__Data under study__
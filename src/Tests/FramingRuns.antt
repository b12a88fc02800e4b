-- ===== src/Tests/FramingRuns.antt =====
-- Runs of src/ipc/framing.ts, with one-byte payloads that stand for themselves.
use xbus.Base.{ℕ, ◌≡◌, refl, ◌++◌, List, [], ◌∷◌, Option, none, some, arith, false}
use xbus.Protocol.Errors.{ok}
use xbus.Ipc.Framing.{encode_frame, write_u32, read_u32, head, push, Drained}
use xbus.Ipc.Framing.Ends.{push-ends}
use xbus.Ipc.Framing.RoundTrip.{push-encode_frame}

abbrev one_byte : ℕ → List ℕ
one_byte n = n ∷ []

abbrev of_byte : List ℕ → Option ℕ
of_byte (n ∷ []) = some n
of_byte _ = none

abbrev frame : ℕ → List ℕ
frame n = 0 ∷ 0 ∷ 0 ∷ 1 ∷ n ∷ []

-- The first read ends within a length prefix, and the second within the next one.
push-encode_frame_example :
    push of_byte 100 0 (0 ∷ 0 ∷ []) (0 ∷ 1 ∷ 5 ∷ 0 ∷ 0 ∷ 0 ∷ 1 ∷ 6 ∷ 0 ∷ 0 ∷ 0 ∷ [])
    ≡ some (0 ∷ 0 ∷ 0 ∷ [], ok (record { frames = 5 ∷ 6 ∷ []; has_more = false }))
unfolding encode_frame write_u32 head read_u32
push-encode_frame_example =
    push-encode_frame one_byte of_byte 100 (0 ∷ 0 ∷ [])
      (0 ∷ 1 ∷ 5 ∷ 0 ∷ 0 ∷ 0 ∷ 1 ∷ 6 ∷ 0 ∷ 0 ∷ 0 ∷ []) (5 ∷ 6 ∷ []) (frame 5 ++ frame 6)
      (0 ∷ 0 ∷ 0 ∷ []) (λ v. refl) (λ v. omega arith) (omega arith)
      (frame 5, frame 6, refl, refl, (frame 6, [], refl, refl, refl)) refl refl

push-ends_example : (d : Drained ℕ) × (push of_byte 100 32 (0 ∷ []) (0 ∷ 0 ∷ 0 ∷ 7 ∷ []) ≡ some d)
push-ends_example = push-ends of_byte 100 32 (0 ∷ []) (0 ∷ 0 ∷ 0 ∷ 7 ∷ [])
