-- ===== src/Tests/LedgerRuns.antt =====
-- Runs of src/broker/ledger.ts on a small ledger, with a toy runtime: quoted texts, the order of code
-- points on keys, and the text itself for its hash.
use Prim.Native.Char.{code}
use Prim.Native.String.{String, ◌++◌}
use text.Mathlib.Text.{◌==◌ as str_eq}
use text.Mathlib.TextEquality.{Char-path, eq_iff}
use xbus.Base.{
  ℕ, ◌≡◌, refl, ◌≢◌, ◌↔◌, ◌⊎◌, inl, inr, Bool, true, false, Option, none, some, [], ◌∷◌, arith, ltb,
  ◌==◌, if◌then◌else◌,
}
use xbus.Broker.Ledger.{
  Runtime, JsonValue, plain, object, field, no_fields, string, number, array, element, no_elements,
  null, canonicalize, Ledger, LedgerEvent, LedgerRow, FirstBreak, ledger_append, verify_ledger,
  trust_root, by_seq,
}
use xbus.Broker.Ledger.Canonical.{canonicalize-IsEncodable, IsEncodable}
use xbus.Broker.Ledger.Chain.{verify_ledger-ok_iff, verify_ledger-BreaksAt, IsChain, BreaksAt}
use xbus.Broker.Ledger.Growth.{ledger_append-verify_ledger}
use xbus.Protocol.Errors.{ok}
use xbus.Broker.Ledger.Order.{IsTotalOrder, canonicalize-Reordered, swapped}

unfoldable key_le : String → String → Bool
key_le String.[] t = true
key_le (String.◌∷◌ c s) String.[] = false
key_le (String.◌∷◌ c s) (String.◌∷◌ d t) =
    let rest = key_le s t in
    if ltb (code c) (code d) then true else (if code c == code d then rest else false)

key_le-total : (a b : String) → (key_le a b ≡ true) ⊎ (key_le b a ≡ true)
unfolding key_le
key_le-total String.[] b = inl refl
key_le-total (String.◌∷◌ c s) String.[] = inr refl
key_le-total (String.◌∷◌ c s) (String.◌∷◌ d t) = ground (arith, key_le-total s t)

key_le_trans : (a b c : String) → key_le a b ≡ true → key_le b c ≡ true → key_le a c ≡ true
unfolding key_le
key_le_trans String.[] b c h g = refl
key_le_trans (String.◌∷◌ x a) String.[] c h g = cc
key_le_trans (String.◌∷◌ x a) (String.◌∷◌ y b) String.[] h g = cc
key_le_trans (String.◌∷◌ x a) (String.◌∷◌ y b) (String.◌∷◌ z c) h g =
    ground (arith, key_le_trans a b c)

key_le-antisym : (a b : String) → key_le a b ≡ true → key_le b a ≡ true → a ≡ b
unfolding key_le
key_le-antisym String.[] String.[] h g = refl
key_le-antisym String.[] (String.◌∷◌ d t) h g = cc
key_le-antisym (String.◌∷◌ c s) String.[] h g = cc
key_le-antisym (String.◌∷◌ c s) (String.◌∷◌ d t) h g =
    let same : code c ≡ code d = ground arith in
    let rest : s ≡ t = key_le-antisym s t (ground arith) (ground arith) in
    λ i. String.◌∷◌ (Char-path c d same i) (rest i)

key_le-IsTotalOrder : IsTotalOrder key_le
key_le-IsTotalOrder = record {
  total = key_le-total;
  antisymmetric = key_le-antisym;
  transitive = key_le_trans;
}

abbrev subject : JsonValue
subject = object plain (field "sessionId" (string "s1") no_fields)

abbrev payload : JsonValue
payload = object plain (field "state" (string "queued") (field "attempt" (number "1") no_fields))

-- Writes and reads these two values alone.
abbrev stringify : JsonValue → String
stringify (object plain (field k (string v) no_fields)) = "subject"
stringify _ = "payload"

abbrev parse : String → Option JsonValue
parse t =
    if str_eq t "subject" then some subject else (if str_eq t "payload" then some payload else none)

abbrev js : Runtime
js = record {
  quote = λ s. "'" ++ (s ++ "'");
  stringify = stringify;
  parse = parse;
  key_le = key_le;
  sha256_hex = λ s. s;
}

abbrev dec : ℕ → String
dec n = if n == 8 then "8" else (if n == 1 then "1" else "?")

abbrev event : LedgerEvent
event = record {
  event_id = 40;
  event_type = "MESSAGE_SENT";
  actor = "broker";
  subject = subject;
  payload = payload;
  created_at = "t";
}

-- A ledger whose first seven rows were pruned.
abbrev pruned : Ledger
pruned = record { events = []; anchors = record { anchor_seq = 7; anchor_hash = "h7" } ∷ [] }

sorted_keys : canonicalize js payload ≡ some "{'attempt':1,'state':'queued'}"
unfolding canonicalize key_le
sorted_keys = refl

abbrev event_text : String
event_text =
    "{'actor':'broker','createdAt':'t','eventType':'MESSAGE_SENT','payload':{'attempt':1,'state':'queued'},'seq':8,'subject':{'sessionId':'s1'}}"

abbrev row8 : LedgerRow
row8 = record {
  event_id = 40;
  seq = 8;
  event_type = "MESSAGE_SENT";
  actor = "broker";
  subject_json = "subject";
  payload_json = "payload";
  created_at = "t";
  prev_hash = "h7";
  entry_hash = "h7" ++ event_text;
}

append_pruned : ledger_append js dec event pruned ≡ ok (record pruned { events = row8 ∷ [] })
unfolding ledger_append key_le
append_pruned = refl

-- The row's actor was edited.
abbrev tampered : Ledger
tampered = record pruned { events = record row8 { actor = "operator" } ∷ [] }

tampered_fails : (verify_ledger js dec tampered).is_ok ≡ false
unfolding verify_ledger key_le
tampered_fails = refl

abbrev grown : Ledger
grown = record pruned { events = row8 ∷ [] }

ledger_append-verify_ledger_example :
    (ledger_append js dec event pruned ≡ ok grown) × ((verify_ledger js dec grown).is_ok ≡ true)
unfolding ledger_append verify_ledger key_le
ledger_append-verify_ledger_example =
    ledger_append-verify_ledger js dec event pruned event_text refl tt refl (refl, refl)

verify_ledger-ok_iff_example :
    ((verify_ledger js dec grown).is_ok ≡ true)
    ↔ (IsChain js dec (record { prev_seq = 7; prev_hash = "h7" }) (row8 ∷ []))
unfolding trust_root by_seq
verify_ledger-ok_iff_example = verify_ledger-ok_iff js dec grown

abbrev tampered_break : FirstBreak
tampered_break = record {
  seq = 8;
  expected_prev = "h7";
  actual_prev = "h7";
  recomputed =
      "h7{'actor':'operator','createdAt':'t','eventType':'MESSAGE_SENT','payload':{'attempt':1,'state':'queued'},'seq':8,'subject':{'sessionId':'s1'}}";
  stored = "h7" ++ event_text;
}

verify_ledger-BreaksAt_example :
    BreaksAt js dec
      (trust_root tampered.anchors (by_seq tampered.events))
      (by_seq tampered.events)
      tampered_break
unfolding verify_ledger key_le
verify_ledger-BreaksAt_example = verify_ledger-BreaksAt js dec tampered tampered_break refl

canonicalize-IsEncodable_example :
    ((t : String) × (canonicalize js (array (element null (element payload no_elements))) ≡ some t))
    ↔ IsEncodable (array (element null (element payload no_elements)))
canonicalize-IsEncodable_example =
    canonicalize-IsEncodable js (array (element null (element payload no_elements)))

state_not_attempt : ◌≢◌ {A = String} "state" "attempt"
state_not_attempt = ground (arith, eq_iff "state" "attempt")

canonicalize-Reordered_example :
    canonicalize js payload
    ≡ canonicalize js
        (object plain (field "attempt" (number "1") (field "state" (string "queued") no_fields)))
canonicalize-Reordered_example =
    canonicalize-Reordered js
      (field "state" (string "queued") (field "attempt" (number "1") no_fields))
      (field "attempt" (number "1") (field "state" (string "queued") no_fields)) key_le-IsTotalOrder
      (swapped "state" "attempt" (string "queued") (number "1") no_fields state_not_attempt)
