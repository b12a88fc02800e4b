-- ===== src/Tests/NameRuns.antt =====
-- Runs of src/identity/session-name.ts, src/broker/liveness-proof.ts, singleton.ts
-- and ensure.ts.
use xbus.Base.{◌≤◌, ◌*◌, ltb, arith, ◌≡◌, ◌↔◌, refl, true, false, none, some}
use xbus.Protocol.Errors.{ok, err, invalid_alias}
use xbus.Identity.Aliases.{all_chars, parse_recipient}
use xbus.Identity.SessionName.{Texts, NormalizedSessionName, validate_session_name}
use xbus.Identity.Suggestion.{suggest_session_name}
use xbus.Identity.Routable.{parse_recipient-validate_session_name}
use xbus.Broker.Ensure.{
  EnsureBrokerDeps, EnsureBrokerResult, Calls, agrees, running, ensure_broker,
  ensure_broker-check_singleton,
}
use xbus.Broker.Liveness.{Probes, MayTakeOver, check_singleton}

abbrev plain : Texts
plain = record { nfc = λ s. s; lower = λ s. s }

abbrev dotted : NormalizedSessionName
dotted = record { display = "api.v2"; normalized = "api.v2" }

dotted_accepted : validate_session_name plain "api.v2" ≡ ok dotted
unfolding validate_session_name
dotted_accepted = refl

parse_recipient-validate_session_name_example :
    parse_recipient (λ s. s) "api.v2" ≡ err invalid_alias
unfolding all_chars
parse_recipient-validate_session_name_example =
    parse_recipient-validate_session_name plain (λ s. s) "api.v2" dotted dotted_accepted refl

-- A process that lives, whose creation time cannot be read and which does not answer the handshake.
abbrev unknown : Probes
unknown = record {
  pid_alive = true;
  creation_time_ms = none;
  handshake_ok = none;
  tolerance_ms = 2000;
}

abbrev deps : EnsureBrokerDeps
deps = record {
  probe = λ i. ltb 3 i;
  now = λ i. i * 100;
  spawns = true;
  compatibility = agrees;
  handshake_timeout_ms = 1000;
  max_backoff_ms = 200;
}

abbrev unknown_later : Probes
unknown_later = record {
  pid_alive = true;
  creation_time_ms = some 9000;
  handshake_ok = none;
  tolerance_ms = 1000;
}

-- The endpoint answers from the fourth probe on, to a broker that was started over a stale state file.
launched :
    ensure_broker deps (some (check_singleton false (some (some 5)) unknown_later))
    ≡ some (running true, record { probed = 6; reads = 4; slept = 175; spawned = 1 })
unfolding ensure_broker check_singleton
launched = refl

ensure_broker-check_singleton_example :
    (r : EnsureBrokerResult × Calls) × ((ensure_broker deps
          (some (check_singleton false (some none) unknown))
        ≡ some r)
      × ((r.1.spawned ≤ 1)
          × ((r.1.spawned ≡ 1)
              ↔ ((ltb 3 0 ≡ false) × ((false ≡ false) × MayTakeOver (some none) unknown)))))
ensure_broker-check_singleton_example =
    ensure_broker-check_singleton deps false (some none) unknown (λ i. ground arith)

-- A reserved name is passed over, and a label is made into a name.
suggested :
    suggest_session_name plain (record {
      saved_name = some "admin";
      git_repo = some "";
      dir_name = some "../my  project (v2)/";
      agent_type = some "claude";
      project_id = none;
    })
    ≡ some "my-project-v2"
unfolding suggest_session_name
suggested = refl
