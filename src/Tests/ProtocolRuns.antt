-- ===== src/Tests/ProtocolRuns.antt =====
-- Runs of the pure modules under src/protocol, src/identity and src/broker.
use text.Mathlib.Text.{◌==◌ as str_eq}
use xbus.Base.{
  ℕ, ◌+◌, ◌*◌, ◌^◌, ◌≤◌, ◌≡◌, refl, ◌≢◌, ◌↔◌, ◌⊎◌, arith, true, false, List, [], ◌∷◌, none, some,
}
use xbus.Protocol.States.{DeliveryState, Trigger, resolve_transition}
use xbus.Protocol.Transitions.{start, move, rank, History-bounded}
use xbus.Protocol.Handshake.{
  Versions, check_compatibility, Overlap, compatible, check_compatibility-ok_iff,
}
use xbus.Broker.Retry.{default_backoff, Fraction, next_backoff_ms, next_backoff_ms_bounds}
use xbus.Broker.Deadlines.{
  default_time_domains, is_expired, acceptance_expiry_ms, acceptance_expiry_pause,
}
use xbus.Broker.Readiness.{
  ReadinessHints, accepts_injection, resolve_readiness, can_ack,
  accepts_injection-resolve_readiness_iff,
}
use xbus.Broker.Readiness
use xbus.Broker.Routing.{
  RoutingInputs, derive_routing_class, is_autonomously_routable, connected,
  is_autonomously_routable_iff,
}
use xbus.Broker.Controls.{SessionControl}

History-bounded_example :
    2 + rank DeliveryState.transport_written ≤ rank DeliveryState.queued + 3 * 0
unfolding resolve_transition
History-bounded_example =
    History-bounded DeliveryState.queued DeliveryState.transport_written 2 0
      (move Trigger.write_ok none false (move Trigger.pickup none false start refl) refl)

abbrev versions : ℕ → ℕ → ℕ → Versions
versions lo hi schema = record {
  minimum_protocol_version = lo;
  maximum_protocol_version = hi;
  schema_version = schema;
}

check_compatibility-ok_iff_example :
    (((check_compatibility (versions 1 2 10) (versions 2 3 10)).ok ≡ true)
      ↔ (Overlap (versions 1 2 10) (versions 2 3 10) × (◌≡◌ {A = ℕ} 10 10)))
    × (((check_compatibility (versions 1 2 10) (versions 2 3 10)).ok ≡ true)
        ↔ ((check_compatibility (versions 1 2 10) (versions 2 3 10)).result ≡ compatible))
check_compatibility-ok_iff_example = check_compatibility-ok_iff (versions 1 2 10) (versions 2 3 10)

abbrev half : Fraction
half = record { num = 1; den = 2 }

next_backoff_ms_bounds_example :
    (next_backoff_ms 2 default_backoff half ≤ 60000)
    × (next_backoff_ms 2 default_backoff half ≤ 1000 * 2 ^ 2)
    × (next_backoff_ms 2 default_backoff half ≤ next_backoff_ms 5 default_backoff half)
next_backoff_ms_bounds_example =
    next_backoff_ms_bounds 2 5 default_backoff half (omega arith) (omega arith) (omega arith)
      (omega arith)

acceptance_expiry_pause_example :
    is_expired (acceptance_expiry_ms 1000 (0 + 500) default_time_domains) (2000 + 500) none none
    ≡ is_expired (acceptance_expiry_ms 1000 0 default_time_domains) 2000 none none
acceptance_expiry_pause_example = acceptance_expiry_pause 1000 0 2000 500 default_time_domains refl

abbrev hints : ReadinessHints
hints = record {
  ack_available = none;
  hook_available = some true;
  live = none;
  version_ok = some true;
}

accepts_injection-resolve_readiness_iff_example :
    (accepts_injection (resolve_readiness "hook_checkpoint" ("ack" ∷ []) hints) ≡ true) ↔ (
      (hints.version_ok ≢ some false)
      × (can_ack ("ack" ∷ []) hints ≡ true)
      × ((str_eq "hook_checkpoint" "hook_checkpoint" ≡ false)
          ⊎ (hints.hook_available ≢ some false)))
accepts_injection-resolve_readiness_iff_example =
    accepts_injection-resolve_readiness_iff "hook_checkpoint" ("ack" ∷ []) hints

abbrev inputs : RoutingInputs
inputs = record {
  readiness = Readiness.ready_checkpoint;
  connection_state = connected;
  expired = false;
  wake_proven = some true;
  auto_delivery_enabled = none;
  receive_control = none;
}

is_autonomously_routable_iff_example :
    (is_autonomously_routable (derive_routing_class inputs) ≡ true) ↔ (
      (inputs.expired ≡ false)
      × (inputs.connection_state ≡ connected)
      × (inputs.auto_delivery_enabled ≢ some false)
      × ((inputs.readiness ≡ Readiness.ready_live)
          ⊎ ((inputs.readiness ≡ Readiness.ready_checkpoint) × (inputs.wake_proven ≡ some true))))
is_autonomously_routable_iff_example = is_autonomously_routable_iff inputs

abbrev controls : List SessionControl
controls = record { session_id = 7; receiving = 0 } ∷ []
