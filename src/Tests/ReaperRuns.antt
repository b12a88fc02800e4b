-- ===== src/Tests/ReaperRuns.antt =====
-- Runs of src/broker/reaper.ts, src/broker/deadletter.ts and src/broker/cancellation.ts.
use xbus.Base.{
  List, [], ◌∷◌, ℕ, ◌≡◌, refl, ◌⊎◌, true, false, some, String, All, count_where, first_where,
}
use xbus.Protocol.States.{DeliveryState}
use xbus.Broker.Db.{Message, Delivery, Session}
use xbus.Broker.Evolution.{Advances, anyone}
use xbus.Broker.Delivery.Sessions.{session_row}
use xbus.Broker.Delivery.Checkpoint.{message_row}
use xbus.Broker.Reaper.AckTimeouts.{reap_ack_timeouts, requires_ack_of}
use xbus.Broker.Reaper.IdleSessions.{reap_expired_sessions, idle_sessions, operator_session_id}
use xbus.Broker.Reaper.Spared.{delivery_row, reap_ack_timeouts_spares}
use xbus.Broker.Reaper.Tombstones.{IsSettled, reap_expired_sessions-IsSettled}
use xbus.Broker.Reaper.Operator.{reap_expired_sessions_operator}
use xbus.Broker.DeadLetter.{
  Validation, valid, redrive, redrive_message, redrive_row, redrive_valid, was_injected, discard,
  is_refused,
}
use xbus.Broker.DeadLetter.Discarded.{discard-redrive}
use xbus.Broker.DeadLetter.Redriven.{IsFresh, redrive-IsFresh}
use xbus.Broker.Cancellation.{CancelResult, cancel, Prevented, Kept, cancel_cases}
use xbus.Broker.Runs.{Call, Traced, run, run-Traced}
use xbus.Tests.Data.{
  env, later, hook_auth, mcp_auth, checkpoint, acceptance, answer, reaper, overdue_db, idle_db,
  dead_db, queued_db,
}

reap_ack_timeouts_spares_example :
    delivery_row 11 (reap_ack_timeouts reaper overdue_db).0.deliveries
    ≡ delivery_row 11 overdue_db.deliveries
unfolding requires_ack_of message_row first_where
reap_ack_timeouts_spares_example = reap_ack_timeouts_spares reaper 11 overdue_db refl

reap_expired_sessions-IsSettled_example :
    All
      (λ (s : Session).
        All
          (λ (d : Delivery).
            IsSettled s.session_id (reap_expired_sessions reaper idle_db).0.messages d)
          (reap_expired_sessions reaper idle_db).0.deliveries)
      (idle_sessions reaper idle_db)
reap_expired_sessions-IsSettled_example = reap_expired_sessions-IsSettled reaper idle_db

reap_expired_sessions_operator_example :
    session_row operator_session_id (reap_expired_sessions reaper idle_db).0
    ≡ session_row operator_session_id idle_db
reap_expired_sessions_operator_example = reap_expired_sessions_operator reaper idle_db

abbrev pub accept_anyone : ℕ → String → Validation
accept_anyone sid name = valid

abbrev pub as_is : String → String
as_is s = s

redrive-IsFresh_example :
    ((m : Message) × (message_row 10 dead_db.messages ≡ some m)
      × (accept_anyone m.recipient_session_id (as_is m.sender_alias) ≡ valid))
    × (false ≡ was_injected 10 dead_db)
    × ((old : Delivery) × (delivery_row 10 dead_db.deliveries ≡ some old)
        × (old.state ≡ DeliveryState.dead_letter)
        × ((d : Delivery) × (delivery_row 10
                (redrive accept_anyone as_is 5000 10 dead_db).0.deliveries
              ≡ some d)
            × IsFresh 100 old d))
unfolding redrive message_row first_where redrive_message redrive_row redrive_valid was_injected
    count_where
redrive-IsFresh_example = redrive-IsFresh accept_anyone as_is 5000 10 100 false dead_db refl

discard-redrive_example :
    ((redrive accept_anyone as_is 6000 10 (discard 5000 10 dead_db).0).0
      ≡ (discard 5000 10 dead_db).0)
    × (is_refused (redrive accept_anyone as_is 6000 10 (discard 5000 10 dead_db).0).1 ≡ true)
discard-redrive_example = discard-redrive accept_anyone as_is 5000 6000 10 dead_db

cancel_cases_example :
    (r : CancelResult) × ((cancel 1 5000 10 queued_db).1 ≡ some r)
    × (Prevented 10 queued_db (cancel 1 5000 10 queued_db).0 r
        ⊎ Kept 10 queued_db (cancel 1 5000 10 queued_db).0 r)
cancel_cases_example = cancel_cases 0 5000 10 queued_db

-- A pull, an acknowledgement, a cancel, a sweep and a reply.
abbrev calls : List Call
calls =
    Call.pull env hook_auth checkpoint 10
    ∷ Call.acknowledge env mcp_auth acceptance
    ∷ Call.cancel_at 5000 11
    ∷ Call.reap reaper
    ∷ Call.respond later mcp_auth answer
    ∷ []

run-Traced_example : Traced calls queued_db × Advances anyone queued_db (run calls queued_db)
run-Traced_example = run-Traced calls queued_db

__Work to be completed__
Up to and including the line with "-- Runs of src/ipc/framing.ts, with", print every line of the material above, starting from its first line, exactly.

__Response box__
filename src/Tests/FramingRuns.antt
repository b12a88fc02800e4b
-- ===== src/Tests/FramingRuns.antt =====
-- Runs of src/ipc/framing.ts, with one-byte payloads that stand for themselves.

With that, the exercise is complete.